If your  best option is conduit just use what you now know run from the ceiling space near the roof that will take the system to near not in the board this will save them time and will probably look better. If you don't feel confident running into the board your installer will be able too otherwise They will just surface mount the last bit solar pannels also install great on shed roofs especially when your frontage is north and you don't want to see them.

----------


## Bloss

As 'applied' says Conduit is the go but just where later access will be difficult - as you described. Not really much to be saved otherwise. Trying to guess cable types, lengths etc is fruitless. Inverters come in all shapes and sizes not just 'a large shoebox' - depends on brand, model & designed capacity too. 
Can't see why you'd skimp on the conduit size as already mention - use larger (say 40mm) as spare space in the conduit is not a problem.

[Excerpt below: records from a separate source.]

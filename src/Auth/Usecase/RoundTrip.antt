-- ===== src/Auth/Usecase/RoundTrip.antt =====
-- Sessions that are started can be used: `login` and `register` against `authenticate_session`.
use python_react_template.Prelude.{
  ltb, if◌then◌else◌, ℕ, ◌+◌, ◌≡◌, refl, sym, ap, subst, arith, String, Option, none, some, ◌∙◌,
}
use python_react_template.Store.Rows.{User, AuthSession, AuthEventType, Db}
use python_react_template.Store.Exec.{Env, World, Result, ok, pure}
use python_react_template.Store.Exec.Laws.{>>=-ok}
use python_react_template.Store.AuthRepository.Users.{get_user, record_user_login}
use python_react_template.Store.AuthRepository.Users.Tables.{id-get_user, record_user_login-ok}
use python_react_template.Store.AuthRepository.Sessions.{
  active_session, create_session, find_active_session_by_token_hash, revoke_session,
}
use python_react_template.Store.AuthRepository.Sessions.Tables.{active_session-append}
use python_react_template.Auth.Settings.{AuthSettings, truthy}
use python_react_template.Auth.Issuer.{
  issue_session, replace_auth_session, revoke_current, calculate_session_expiry,
}
use python_react_template.Auth.Usecase.Context.{log_started, open_session, start_session}

-- A session that its token opens until it expires.
pub record IsOpenFor (env : Env) {L : Type 0} (user_id : ℕ) (s : AuthSession) (token : String)
    (w : World L) : Type 0 where
  pub owner : s.user_id ≡ user_id
  pub opens :
      (now : ℕ)
      → active_session (env.sha256 token) now w.db.sessions
        ≡ (if ltb now s.expires_at then some s else none)

module _ (env : Env) {L : Type 0} where
  create_session-opens :
      (user_id : ℕ) (h c : String) (i l e : ℕ) (ip ua : Option String) (w : World L)
      {s : AuthSession}
      → (create_session env user_id h c i l e ip ua w).0 ≡ ok s
      → (s.user_id ≡ user_id)
        × (s.expires_at ≡ e)
        × (s.issued_at ≡ i)
        × ((now : ℕ)
            → active_session h now (create_session env user_id h c i l e ip ua w).1.db.sessions
              ≡ (if ltb now e then some s else none))
  unfolding create_session
  create_session-opens user_id h c i l e ip ua w {s} q = (
    ground arith,
    ground arith,
    ground arith,
    λ now. ground (arith, active_session-append now s w.db.sessions),
  )

  revoke_current-frame :
      (o : Option String) (w : World L)
      → ((revoke_current env o w).0 ≡ ok tt)
        × ((revoke_current env o w).1.db.users ≡ w.db.users)
        × ((revoke_current env o w).1.db.roles ≡ w.db.roles)
  unfolding revoke_current find_active_session_by_token_hash revoke_session
  revoke_current-frame none w = (refl, refl, refl)
  revoke_current-frame (some token) w = ground arith

  module _ (settings : AuthSettings) where
    issue_session-opens :
        (user_id : ℕ) (ip ua : Option String) (w : World L) {s : AuthSession} {st ct : String}
        → (issue_session env settings user_id ip ua w).0 ≡ ok (s, st, ct)
        → IsOpenFor env user_id s st (issue_session env settings user_id ip ua w).1
    unfolding issue_session
    issue_session-opens user_id ip ua w {s} {st} {ct} h =
        let st' = env.token_urlsafe w.calls in
        let ct' = env.token_urlsafe (w.calls + 1) in
        let t = env.utcnow (w.calls + 1 + 1) in
        let e = calculate_session_expiry settings t t in
        let w' : World L = record w { calls = w.calls + 1 + 1 + 1 } in
        let (r, made, rest, same) =
          >>=-ok (create_session env user_id (env.sha256 st') (env.sha256 ct') t t e ip ua)
            (λ r. pure (r, st', ct')) w' h in
        let (a, b, c, d) =
          create_session-opens user_id (env.sha256 st') (env.sha256 ct') t t e ip ua w' made in
        record { owner = ground arith; opens = λ now. ground (arith, d now) }

    replace_auth_session-opens :
        (user : User) (cur ip ua : Option String) (w : World L) {s : AuthSession} {st ct : String}
        → (replace_auth_session env settings user cur ip ua w).0 ≡ ok (s, st, ct)
        → IsOpenFor env user.id s st (replace_auth_session env settings user cur ip ua w).1
    unfolding replace_auth_session
    replace_auth_session-opens user cur ip ua w {s} {st} h =
        let (_, _, rest, same) =
          >>=-ok (revoke_current env (truthy cur)) (λ _. issue_session env settings user.id ip ua) w
            h in
        subst
          (λ (r : Result (AuthSession × String × String) × World L). IsOpenFor env user.id s st r.1)
          (sym same) (issue_session-opens user.id ip ua (revoke_current env (truthy cur) w).1 rest)

    issue_session-frame :
        (user_id : ℕ) (ip ua : Option String) (w : World L)
        → ((issue_session env settings user_id ip ua w).1.db.users ≡ w.db.users)
          × ((issue_session env settings user_id ip ua w).1.db.roles ≡ w.db.roles)
    unfolding issue_session create_session
    issue_session-frame user_id ip ua w = ground arith

    replace_auth_session-frame :
        (user : User) (cur ip ua : Option String) (w : World L)
        → ((replace_auth_session env settings user cur ip ua w).1.db.users ≡ w.db.users)
          × ((replace_auth_session env settings user cur ip ua w).1.db.roles ≡ w.db.roles)
    unfolding replace_auth_session
    replace_auth_session-frame user cur ip ua w =
        let r = revoke_current env (truthy cur) w in
        let (done, users, roles) = revoke_current-frame (truthy cur) w in
        let (users', roles') = issue_session-frame user.id ip ua r.1 in ground arith

    open_session-opens :
        (event : AuthEventType) (user : User) (cur ip ua : Option String) (w : World L) {v : User}
        {s : AuthSession} {st ct : String}
        → (open_session env settings event user cur ip ua w).0 ≡ ok (v, s, st, ct)
        → (v ≡ user)
          × IsOpenFor env user.id s st (open_session env settings event user cur ip ua w).1
          × ((open_session env settings event user cur ip ua w).1.db.users ≡ w.db.users)
    unfolding open_session log_started
    open_session-opens event user cur ip ua w {v} {s} {st} {ct} h =
        let (p, made, rest, same) =
          >>=-ok (replace_auth_session env settings user cur ip ua)
            (log_started env settings event user ip ua) w h in
        let (users, _) = replace_auth_session-frame user cur ip ua w in
        logged p made rest same users
      where
        logged :
            (p : AuthSession × String × String)
            → (replace_auth_session env settings user cur ip ua w).0 ≡ ok p
            → (log_started env settings event user ip ua p
                (replace_auth_session env settings user cur ip ua w).1).0
              ≡ ok (v, s, st, ct)
            → open_session env settings event user cur ip ua w
              ≡ log_started env settings event user ip ua p
                  (replace_auth_session env settings user cur ip ua w).1
            → (replace_auth_session env settings user cur ip ua w).1.db.users ≡ w.db.users
            → (v ≡ user)
              × IsOpenFor env user.id s st (open_session env settings event user cur ip ua w).1
              × ((open_session env settings event user cur ip ua w).1.db.users ≡ w.db.users)
        logged (s', st', ct') made rest same users =
            let o = replace_auth_session-opens user cur ip ua w made in
            let w' = (replace_auth_session env settings user cur ip ua w).1 in
            let es : s' ≡ s = ground arith in
            let et : st' ≡ st = ground arith in
            let db : (open_session env settings event user cur ip ua w).1.db.sessions
                ≡ w'.db.sessions =
              ap (λ (r : Result (User × AuthSession × String × String) × World L). r.1.db.sessions)
                same in
            let us : (open_session env settings event user cur ip ua w).1.db.users ≡ w'.db.users =
              ap (λ (r : Result (User × AuthSession × String × String) × World L). r.1.db.users)
                same in
            (
              ground arith,
              record {
                owner = subst (λ x. x.user_id ≡ user.id) es o.owner;
                opens = λ now.
                    ap (active_session (env.sha256 st) now) db
                    ∙ ap (λ x. active_session (env.sha256 x) now w'.db.sessions) (sym et)
                    ∙ o.opens now
                    ∙ ap (λ (x : AuthSession). if ltb now x.expires_at then some x else none) es;
              },
              us ∙ users,
            )

    -- A session that is started belongs to the user, who is there and not deleted.
    pub start_session-opens :
        (event : AuthEventType) (user_id : ℕ) (cur ip ua : Option String) (w : World L) {v : User}
        {s : AuthSession} {st ct : String}
        → (start_session env settings event user_id cur ip ua w).0 ≡ ok (v, s, st, ct)
        → (u : User) × (get_user user_id w.db.users ≡ some u)
          × (v ≡ record u { last_logged_in_at = some (env.utcnow w.calls) })
          × (u.deleted_at ≡ none)
          × (get_user user_id (start_session env settings event user_id cur ip ua w).1.db.users
              ≡ some v)
          × IsOpenFor env user_id s st (start_session env settings event user_id cur ip ua w).1
    unfolding start_session
    start_session-opens event user_id cur ip ua w {v} {s} {st} h =
        let t = env.utcnow w.calls in
        let w1 : World L = record w { calls = w.calls + 1 } in
        let (u, logged, rest, same) =
          >>=-ok (record_user_login user_id t) (λ u. open_session env settings event u cur ip ua) w1
            h in
        let (u0, there, changed, kept, after, _, _) = record_user_login-ok user_id t w1 logged in
        let (eq, opens, users) =
          open_session-opens event u cur ip ua (record_user_login user_id t w1).1 rest in
        let id = id-get_user user_id (record_user_login user_id t w1).1.db.users after in
        (
          u0,
          there,
          eq ∙ changed,
          kept,
          ap
                (λ (r : Result (User × AuthSession × String × String) × World L).
                  get_user user_id r.1.db.users)
                same
              ∙ ap (get_user user_id) users
              ∙ after
              ∙ ap some (sym eq),
          subst
              (λ (r : Result (User × AuthSession × String × String) × World L).
                IsOpenFor env user_id s st r.1)
              (sym same)
              (subst
                (λ i.
                  IsOpenFor env i s st
                    (open_session env settings event u cur ip ua
                      (record_user_login user_id t w1).1).1)
                id opens),
        )

pub IsOpenFor-db :
    (env : Env) {L : Type 0} (i : ℕ) (s : AuthSession) (token : String) (w w' : World L)
    → w'.db ≡ w.db
    → IsOpenFor env i s token w
    → IsOpenFor env i s token w'
IsOpenFor-db env i s token w w' e o = record {
  owner = o.owner;
  opens = λ now. ap (λ (d : Db). active_session (env.sha256 token) now d.sessions) e ∙ o.opens now;
}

Not enough means you've wasted your time & effort. If you need to use bends then use a good wide radius as the cables from the panels will not like tight radius bends.

----------


## NigeC

> May be easier to use something bigger than 25mm, too late  change after the plaster is back up, but running a pull wire thru is a great idea

  Put two in then!!

----------


## Bloss

> Put two in then!!

   :What he said:  that'd work of course and usually easier to pull through a later one than getting drag on an existing cable.  :2thumbsup:

----------


## applied

You also have one other option all the suggestions so far have assumed you will install the inverter near the switchboard however this is not always the way it is done. It would be possible for you to run a 2.5mm cable from the switchboard down to your extension and just mount a outdoor gpo where you want the inverter to go in the future for example in a lane or if you want to show your guests how green you are( don't laught this Is common) on your patio. Then when the system is installed just replace the gpo for the solar isolator. Then you get something for you effort in the short Time. This will definately save the installer a lot of hassles later

----------


## NigeC

> You also have one other option all the suggestions so far have assumed you will install the inverter near the switchboard however this is not always the way it is done. It would be possible for you to run a 2.5mm cable from the switchboard down to your extension and just mount a outdoor gpo where you want the inverter to go in the future for example in a lane or if you want to show your guests how green you are( don't laught this Is common) on your patio. Then when the system is installed just replace the gpo for the solar isolator. Then you get something for you effort in the short Time. This will definately save the installer a lot of hassles later

  good advice

----------


## Bloss

:Wat they said:  but . . . the placement of the inverter is best left to the system designer & installer so unless you have already discussed the system and location with your intended supplier (and I recall you haven't) then I'd stick with the conduit right now. For example although the general rule is the inverter should be as close to panels & switchboard all that is really critical is that the cables allow no more than the specified voltage loss on the DC (panel) side - usually <1%. On the output side the regular 2.5mm power cable will be fine. 
The inverter is best on the south side or in shade - even under the house or in a garage (if that gives even temperature and is cooler). Cooler they are better they run (put crudely) - above -25 or so! Mine is under my laundry for example. Of course you have to get a remote monitor system unless you want to go under the houses to see what is happening, but I reckon the indoor monitors are a good idea anyway.

----------